(Provided data begins)

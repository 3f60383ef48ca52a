-- ===== src/Web/IndexerStatus.antt =====
-- apps/web/server/xcs/indexer-status.ts, ledger-freshness.ts and credential-state.ts: whether the
-- tables of the indexer may be answered from. A time is a number of milliseconds; `unix_time` is
-- `rippleTimeToUnixTime` of xrpl.
pub mod Ready
use mathlib.Core.Option
use xcs.Common.{
  ℕ, ◌+◌, ◌/◌, min, Text, Bool, true, false, not, ◌&&◌, ◌||◌, List, [], ◌∷◌, Option, none, some,
  Result, ok, err, ltb, leb, ◌==◌, text_eq, if◌then◌else◌, guard, ◌>>=◌, ◌>>◌, any, all,
}
use xcs.Core.Errors.{XcsErrorCode, invalid_ripple_time, Checked}
use xcs.Core.Json.{JsonNumber, natural, other, non_finite}
use xcs.Core.Lifecycle.{
  CredentialLifecycleInput, CredentialLifecycleState, project_credential_lifecycle,
}
use xcs.Indexer.Types.{Checkpoint}
use xcs.Indexer.Status.{
  IndexerStatusState, starting, catching_up, ready, halted, IndexerStatusRow, uint32_max, is_some,
}
use xcs.Indexer.Fencing.{is_none}
use xcs.Indexer.Repository.{CheckpointRow, GenerationRow}

pub data IndexerUnavailableCode : Type 0 where
  indexer_not_initialized indexer_stale indexer_status_unavailable indexer_not_ready :
      IndexerUnavailableCode
  indexer_halted indexer_lease_expired indexer_evidence_invalid : IndexerUnavailableCode

abbrev pub Available : Type 0
Available = Result IndexerUnavailableCode (Unit {0})

pub data LedgerCheckpointFreshness : Type 0 where
  fresh missing stale : LedgerCheckpointFreshness

abbrev pub max_ledger_clock_skew_seconds : ℕ
max_ledger_clock_skew_seconds = 30

module _ (unix_time : ℕ → ℕ) where
  -- The age in seconds may be negative: the two tests are written without a difference.
  unfoldable pub evaluate_ledger_checkpoint_freshness :
      Option ℕ → ℕ → JsonNumber → LedgerCheckpointFreshness
  evaluate_ledger_checkpoint_freshness none now max_age = missing
  evaluate_ledger_checkpoint_freshness (some close_time) now (other tag) = stale
  evaluate_ledger_checkpoint_freshness (some close_time) now non_finite = stale
  evaluate_ledger_checkpoint_freshness (some close_time) now (natural max_age) =
      if ltb (unix_time close_time / 1000 + max_age) (now / 1000)
        || ltb (now / 1000 + max_ledger_clock_skew_seconds) (unix_time close_time / 1000)
      then stale
      else fresh

  abbrev pub require_fresh : LedgerCheckpointFreshness → Available
  require_fresh fresh = ok tt
  require_fresh missing = err indexer_not_initialized
  require_fresh stale = err indexer_stale

  unfoldable pub assert_fresh_ledger_checkpoint : Option ℕ → ℕ → JsonNumber → Available
  unfolding evaluate_ledger_checkpoint_freshness
  assert_fresh_ledger_checkpoint close_time now max_age =
      require_fresh (evaluate_ledger_checkpoint_freshness close_time now max_age)

abbrev pub is_uint32 : ℕ → Bool
is_uint32 n = leb n uint32_max

abbrev pub null_or_uint32 : Option ℕ → Bool
null_or_uint32 none = true
null_or_uint32 (some n) = is_uint32 n

abbrev pub expired_at : Option ℕ → ℕ → Bool
expired_at none now = true
expired_at (some expires) now = leb expires now

-- the last test of `assertIndexerReady`
unfoldable pub has_ready_evidence : Option ℕ → Option ℕ → Option ℕ → Option Text → Bool
has_ready_evidence (some primary) (some secondary) (some index) (some hash) =
    (is_uint32 primary && (is_uint32 secondary && is_uint32 index))
    && index == min primary secondary
has_ready_evidence _ _ _ _ = false

unfoldable pub require_ready_state : IndexerStatusState → Available
require_ready_state halted = err indexer_halted
require_ready_state ready = ok tt
require_ready_state _ = err indexer_not_ready

unfoldable pub assert_indexer_ready : Option IndexerStatusRow → ℕ → Available
unfolding require_ready_state has_ready_evidence
assert_indexer_ready none now = err indexer_status_unavailable
assert_indexer_ready (some row) now = do
  require_ready_state row.status.state
  guard (is_some row.writer_id && not (expired_at row.lease_expires_at now)) indexer_lease_expired
  guard
      (has_ready_evidence row.status.primary_source_tip row.status.secondary_source_tip
        row.status.last_agreed_ledger_index row.status.last_agreed_ledger_hash)
      indexer_evidence_invalid

-- a status or a profile that is compared with a value
abbrev pub is_index : Option ℕ → ℕ → Bool
is_index none n = false
is_index (some m) n = m == n

abbrev pub is_hash_of : Option Text → Text → Bool
is_hash_of none t = false
is_hash_of (some s) t = text_eq s t

pub record LedgerEvidence : Type 0 where
  pub expected_profile_id : Text
  pub status : Option IndexerStatusRow
  pub checkpoint : Option CheckpointRow
  pub now : ℕ
  pub max_ledger_age_seconds : JsonNumber
  pub minimum_ledger_index : JsonNumber
  pub projection_ledger_indexes : List JsonNumber

-- the checkpoint is the status's last agreed ledger
unfoldable pub agrees : Text → IndexerStatusRow → CheckpointRow → Bool
unfolding text_eq
agrees expected row c =
    (text_eq row.profile_id expected && text_eq c.profile_id expected)
    && ((is_index row.status.last_agreed_ledger_index c.checkpoint.ledger_index
          && is_hash_of row.status.last_agreed_ledger_hash c.checkpoint.ledger_hash)
        && (is_some c.checkpoint.transaction_root
            && (is_uint32 c.checkpoint.ledger_index && is_uint32 c.checkpoint.close_time)))

abbrev pub between : JsonNumber → ℕ → JsonNumber → Bool
between (natural least) most (natural n) = leb least n && leb n most
between _ most _ = false

-- `minimumLedgerIndex ?? 0` and the indexes of the projection
unfoldable pub covers : JsonNumber → ℕ → List JsonNumber → Bool
covers (other tag) index projected = false
covers non_finite index projected = false
covers (natural least) index projected =
    leb least index && all (between (natural least) index) projected

module _ (unix_time : ℕ → ℕ) where
  unfoldable pub assert_checkpoint :
      Text → IndexerStatusRow → LedgerEvidence → CheckpointRow → Available
  unfolding agrees covers assert_fresh_ledger_checkpoint
  assert_checkpoint expected row input c = do
    guard (agrees expected row c) indexer_evidence_invalid
    guard
        (covers input.minimum_ledger_index c.checkpoint.ledger_index
          input.projection_ledger_indexes)
        indexer_evidence_invalid
    assert_fresh_ledger_checkpoint unix_time (some c.checkpoint.close_time) input.now
        input.max_ledger_age_seconds

  abbrev pub assert_evidence :
      LedgerEvidence → Option IndexerStatusRow → Option CheckpointRow → Available
  assert_evidence input none c = err indexer_status_unavailable
  assert_evidence input (some row) none = err indexer_not_initialized
  assert_evidence input (some row) (some c) =
      assert_checkpoint input.expected_profile_id row input c

  unfoldable pub assert_authoritative_ledger_evidence : LedgerEvidence → Available
  unfolding assert_indexer_ready assert_checkpoint
  assert_authoritative_ledger_evidence input = do
    assert_indexer_ready input.status input.now
    assert_evidence input input.status input.checkpoint

abbrev pub as_natural : Option ℕ → Option JsonNumber
as_natural none = none
as_natural (some n) = some (natural n)

-- `credentialGenerationState`: the only error of the projection is one of the stored times.
abbrev pub as_evidence :
    Checked CredentialLifecycleState → Result IndexerUnavailableCode CredentialLifecycleState
as_evidence (ok state) = ok state
as_evidence (err code) = err indexer_evidence_invalid

unfoldable pub credential_generation_state :
    GenerationRow → ℕ → Result IndexerUnavailableCode CredentialLifecycleState
unfolding project_credential_lifecycle
credential_generation_state generation close_time = as_evidence (
    project_credential_lifecycle (record {
      object_exists = is_none generation.deleted_ledger_index;
      accepted = generation.accepted;
      expiration = as_natural generation.expiration;
      close_time = natural close_time;
    }))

(Provided data ends)

§ **Problem description**
Every line of the listing should be reproduced exactly.

§ **Solution to this task**
repository 3f60383ef48ca52a
-- ===== src/Web/IndexerStatus.antt =====
-- apps/web/server/xcs/indexer-status.ts, ledger-freshness.ts and credential-state.ts: whether the
-- tables of the indexer may be answered from. A time is a number of milliseconds; `unix_time` is
-- `rippleTimeToUnixTime` of xrpl.
pub mod Ready
use mathlib.Core.Option
use xcs.Common.{
  ℕ, ◌+◌, ◌/◌, min, Text, Bool, true, false, not, ◌&&◌, ◌||◌, List, [], ◌∷◌, Option, none, some,
  Result, ok, err, ltb, leb, ◌==◌, text_eq, if◌then◌else◌, guard, ◌>>=◌, ◌>>◌, any, all,
}
use xcs.Core.Errors.{XcsErrorCode, invalid_ripple_time, Checked}
use xcs.Core.Json.{JsonNumber, natural, other, non_finite}
use xcs.Core.Lifecycle.{
  CredentialLifecycleInput, CredentialLifecycleState, project_credential_lifecycle,
}
use xcs.Indexer.Types.{Checkpoint}
use xcs.Indexer.Status.{
  IndexerStatusState, starting, catching_up, ready, halted, IndexerStatusRow, uint32_max, is_some,
}
use xcs.Indexer.Fencing.{is_none}
use xcs.Indexer.Repository.{CheckpointRow, GenerationRow}

pub data IndexerUnavailableCode : Type 0 where
  indexer_not_initialized indexer_stale indexer_status_unavailable indexer_not_ready :
      IndexerUnavailableCode
  indexer_halted indexer_lease_expired indexer_evidence_invalid : IndexerUnavailableCode

abbrev pub Available : Type 0
Available = Result IndexerUnavailableCode (Unit {0})

pub data LedgerCheckpointFreshness : Type 0 where
  fresh missing stale : LedgerCheckpointFreshness

abbrev pub max_ledger_clock_skew_seconds : ℕ
max_ledger_clock_skew_seconds = 30

module _ (unix_time : ℕ → ℕ) where
  -- The age in seconds may be negative: the two tests are written without a difference.
  unfoldable pub evaluate_ledger_checkpoint_freshness :
      Option ℕ → ℕ → JsonNumber → LedgerCheckpointFreshness
  evaluate_ledger_checkpoint_freshness none now max_age = missing
  evaluate_ledger_checkpoint_freshness (some close_time) now (other tag) = stale
  evaluate_ledger_checkpoint_freshness (some close_time) now non_finite = stale
  evaluate_ledger_checkpoint_freshness (some close_time) now (natural max_age) =
      if ltb (unix_time close_time / 1000 + max_age) (now / 1000)
        || ltb (now / 1000 + max_ledger_clock_skew_seconds) (unix_time close_time / 1000)
      then stale
      else fresh

  abbrev pub require_fresh : LedgerCheckpointFreshness → Available
  require_fresh fresh = ok tt
  require_fresh missing = err indexer_not_initialized
  require_fresh stale = err indexer_stale

  unfoldable pub assert_fresh_ledger_checkpoint : Option ℕ → ℕ → JsonNumber → Available
  unfolding evaluate_ledger_checkpoint_freshness
  assert_fresh_ledger_checkpoint close_time now max_age =
      require_fresh (evaluate_ledger_checkpoint_freshness close_time now max_age)

abbrev pub is_uint32 : ℕ → Bool
is_uint32 n = leb n uint32_max

abbrev pub null_or_uint32 : Option ℕ → Bool
null_or_uint32 none = true
null_or_uint32 (some n) = is_uint32 n

abbrev pub expired_at : Option ℕ → ℕ → Bool
expired_at none now = true
expired_at (some expires) now = leb expires now

-- the last test of `assertIndexerReady`
unfoldable pub has_ready_evidence : Option ℕ → Option ℕ → Option ℕ → Option Text → Bool
has_ready_evidence (some primary) (some secondary) (some index) (some hash) =
    (is_uint32 primary && (is_uint32 secondary && is_uint32 index))
    && index == min primary secondary
has_ready_evidence _ _ _ _ = false

unfoldable pub require_ready_state : IndexerStatusState → Available
require_ready_state halted = err indexer_halted
require_ready_state ready = ok tt
require_ready_state _ = err indexer_not_ready

unfoldable pub assert_indexer_ready : Option IndexerStatusRow → ℕ → Available
unfolding require_ready_state has_ready_evidence
assert_indexer_ready none now = err indexer_status_unavailable
assert_indexer_ready (some row) now = do
  require_ready_state row.status.state
  guard (is_some row.writer_id && not (expired_at row.lease_expires_at now)) indexer_lease_expired
  guard
      (has_ready_evidence row.status.primary_source_tip row.status.secondary_source_tip
        row.status.last_agreed_ledger_index row.status.last_agreed_ledger_hash)
      indexer_evidence_invalid

-- a status or a profile that is compared with a value
abbrev pub is_index : Option ℕ → ℕ → Bool
is_index none n = false
is_index (some m) n = m == n

abbrev pub is_hash_of : Option Text → Text → Bool
is_hash_of none t = false
is_hash_of (some s) t = text_eq s t

pub record LedgerEvidence : Type 0 where
  pub expected_profile_id : Text
  pub status : Option IndexerStatusRow
  pub checkpoint : Option CheckpointRow
  pub now : ℕ
  pub max_ledger_age_seconds : JsonNumber
  pub minimum_ledger_index : JsonNumber
  pub projection_ledger_indexes : List JsonNumber

-- the checkpoint is the status's last agreed ledger
unfoldable pub agrees : Text → IndexerStatusRow → CheckpointRow → Bool
unfolding text_eq
agrees expected row c =
    (text_eq row.profile_id expected && text_eq c.profile_id expected)
    && ((is_index row.status.last_agreed_ledger_index c.checkpoint.ledger_index
          && is_hash_of row.status.last_agreed_ledger_hash c.checkpoint.ledger_hash)
        && (is_some c.checkpoint.transaction_root
            && (is_uint32 c.checkpoint.ledger_index && is_uint32 c.checkpoint.close_time)))

abbrev pub between : JsonNumber → ℕ → JsonNumber → Bool
between (natural least) most (natural n) = leb least n && leb n most
between _ most _ = false

-- `minimumLedgerIndex ?? 0` and the indexes of the projection
unfoldable pub covers : JsonNumber → ℕ → List JsonNumber → Bool
covers (other tag) index projected = false
covers non_finite index projected = false
covers (natural least) index projected =
    leb least index && all (between (natural least) index) projected

module _ (unix_time : ℕ → ℕ) where
  unfoldable pub assert_checkpoint :
      Text → IndexerStatusRow → LedgerEvidence → CheckpointRow → Available
  unfolding agrees covers assert_fresh_ledger_checkpoint
  assert_checkpoint expected row input c = do
    guard (agrees expected row c) indexer_evidence_invalid
    guard
        (covers input.minimum_ledger_index c.checkpoint.ledger_index
          input.projection_ledger_indexes)
        indexer_evidence_invalid
    assert_fresh_ledger_checkpoint unix_time (some c.checkpoint.close_time) input.now
        input.max_ledger_age_seconds

  abbrev pub assert_evidence :
      LedgerEvidence → Option IndexerStatusRow → Option CheckpointRow → Available
  assert_evidence input none c = err indexer_status_unavailable
  assert_evidence input (some row) none = err indexer_not_initialized
  assert_evidence input (some row) (some c) =
      assert_checkpoint input.expected_profile_id row input c

  unfoldable pub assert_authoritative_ledger_evidence : LedgerEvidence → Available
  unfolding assert_indexer_ready assert_checkpoint
  assert_authoritative_ledger_evidence input = do
    assert_indexer_ready input.status input.now
    assert_evidence input input.status input.checkpoint

abbrev pub as_natural : Option ℕ → Option JsonNumber
as_natural none = none
as_natural (some n) = some (natural n)

-- `credentialGenerationState`: the only error of the projection is one of the stored times.
abbrev pub as_evidence :
    Checked CredentialLifecycleState → Result IndexerUnavailableCode CredentialLifecycleState
as_evidence (ok state) = ok state
as_evidence (err code) = err indexer_evidence_invalid

unfoldable pub credential_generation_state :
    GenerationRow → ℕ → Result IndexerUnavailableCode CredentialLifecycleState
unfolding project_credential_lifecycle
credential_generation_state generation close_time = as_evidence (
    project_credential_lifecycle (record {
      object_exists = is_none generation.deleted_ledger_index;
      accepted = generation.accepted;
      expiration = as_natural generation.expiration;
      close_time = natural close_time;
    }))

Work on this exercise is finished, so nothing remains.